- **What to work on**:
For this exercise, return exactly the lines of the material below that begin at the one with "dec_name_count-Detached release i" and stop after the one with "(reserve_name-Returns name s.world".

─── Task material ───

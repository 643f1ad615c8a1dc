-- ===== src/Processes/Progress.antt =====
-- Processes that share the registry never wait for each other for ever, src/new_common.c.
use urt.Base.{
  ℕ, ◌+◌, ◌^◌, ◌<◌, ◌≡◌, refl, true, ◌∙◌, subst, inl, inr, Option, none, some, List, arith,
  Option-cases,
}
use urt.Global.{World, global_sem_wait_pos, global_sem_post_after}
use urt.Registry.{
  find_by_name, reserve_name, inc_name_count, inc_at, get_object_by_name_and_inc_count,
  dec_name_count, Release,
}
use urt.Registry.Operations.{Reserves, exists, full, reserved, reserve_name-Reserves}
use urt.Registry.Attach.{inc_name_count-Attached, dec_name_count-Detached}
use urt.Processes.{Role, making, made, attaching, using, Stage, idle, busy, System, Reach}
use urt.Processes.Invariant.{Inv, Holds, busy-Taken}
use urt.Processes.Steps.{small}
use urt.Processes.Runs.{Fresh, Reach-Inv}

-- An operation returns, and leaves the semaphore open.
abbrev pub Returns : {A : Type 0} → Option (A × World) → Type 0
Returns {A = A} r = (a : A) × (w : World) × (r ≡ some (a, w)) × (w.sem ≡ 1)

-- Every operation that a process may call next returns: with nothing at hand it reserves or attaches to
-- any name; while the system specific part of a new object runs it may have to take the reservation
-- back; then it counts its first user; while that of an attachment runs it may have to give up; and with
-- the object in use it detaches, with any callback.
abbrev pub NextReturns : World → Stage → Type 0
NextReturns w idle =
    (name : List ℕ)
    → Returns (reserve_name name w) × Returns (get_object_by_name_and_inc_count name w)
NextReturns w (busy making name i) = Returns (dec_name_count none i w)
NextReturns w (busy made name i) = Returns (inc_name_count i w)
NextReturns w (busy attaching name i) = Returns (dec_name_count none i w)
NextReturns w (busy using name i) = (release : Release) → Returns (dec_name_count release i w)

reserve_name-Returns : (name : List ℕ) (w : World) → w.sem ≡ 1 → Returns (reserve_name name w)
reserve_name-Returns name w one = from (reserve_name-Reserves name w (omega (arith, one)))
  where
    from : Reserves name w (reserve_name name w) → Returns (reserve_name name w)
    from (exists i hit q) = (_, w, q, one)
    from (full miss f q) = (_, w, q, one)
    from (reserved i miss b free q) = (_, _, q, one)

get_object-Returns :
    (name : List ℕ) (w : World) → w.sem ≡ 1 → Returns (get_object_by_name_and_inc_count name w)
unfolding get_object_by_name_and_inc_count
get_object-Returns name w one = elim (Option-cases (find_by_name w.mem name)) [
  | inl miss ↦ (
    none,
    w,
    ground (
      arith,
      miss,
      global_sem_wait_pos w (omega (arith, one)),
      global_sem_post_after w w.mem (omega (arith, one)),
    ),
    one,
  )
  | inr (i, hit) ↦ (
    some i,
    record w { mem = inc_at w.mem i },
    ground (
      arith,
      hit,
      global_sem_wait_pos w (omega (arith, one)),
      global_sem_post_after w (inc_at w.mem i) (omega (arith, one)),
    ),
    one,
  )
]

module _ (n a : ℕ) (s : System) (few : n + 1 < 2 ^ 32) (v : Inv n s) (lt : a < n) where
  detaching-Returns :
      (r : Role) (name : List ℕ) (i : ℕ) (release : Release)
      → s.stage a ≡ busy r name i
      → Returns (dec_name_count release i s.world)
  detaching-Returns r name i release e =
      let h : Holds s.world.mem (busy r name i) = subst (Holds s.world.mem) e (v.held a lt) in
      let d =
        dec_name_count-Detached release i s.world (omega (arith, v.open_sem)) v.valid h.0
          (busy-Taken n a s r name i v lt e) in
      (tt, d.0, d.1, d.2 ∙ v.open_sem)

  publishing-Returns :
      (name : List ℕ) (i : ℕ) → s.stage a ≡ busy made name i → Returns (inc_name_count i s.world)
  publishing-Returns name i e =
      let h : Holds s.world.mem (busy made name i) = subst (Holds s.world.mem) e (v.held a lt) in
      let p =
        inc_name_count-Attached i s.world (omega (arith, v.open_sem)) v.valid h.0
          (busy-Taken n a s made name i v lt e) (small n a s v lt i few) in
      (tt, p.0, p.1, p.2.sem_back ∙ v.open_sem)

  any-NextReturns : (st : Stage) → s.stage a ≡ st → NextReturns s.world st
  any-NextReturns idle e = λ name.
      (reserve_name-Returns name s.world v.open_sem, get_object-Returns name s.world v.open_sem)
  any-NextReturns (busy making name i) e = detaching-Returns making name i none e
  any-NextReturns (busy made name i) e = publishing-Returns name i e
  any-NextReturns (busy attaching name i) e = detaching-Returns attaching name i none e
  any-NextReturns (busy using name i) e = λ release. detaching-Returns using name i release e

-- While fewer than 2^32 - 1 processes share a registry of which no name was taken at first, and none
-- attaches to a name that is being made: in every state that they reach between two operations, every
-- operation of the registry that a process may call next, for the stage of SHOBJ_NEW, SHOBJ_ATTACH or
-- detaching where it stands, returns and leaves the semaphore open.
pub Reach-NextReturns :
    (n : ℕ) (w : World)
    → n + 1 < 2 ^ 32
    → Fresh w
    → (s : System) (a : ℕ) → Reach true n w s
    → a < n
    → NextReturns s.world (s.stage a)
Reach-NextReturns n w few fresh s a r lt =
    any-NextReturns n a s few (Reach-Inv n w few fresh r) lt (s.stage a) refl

───

- **Answer to this exercise**:
        dec_name_count-Detached release i s.world (omega (arith, v.open_sem)) v.valid h.0
          (busy-Taken n a s r name i v lt e) in
      (tt, d.0, d.1, d.2 ∙ v.open_sem)

  publishing-Returns :
      (name : List ℕ) (i : ℕ) → s.stage a ≡ busy made name i → Returns (inc_name_count i s.world)
  publishing-Returns name i e =
      let h : Holds s.world.mem (busy made name i) = subst (Holds s.world.mem) e (v.held a lt) in
      let p =
        inc_name_count-Attached i s.world (omega (arith, v.open_sem)) v.valid h.0
          (busy-Taken n a s made name i v lt e) (small n a s v lt i few) in
      (tt, p.0, p.1, p.2.sem_back ∙ v.open_sem)

  any-NextReturns : (st : Stage) → s.stage a ≡ st → NextReturns s.world st
  any-NextReturns idle e = λ name.
      (reserve_name-Returns name s.world v.open_sem, get_object-Returns name s.world v.open_sem)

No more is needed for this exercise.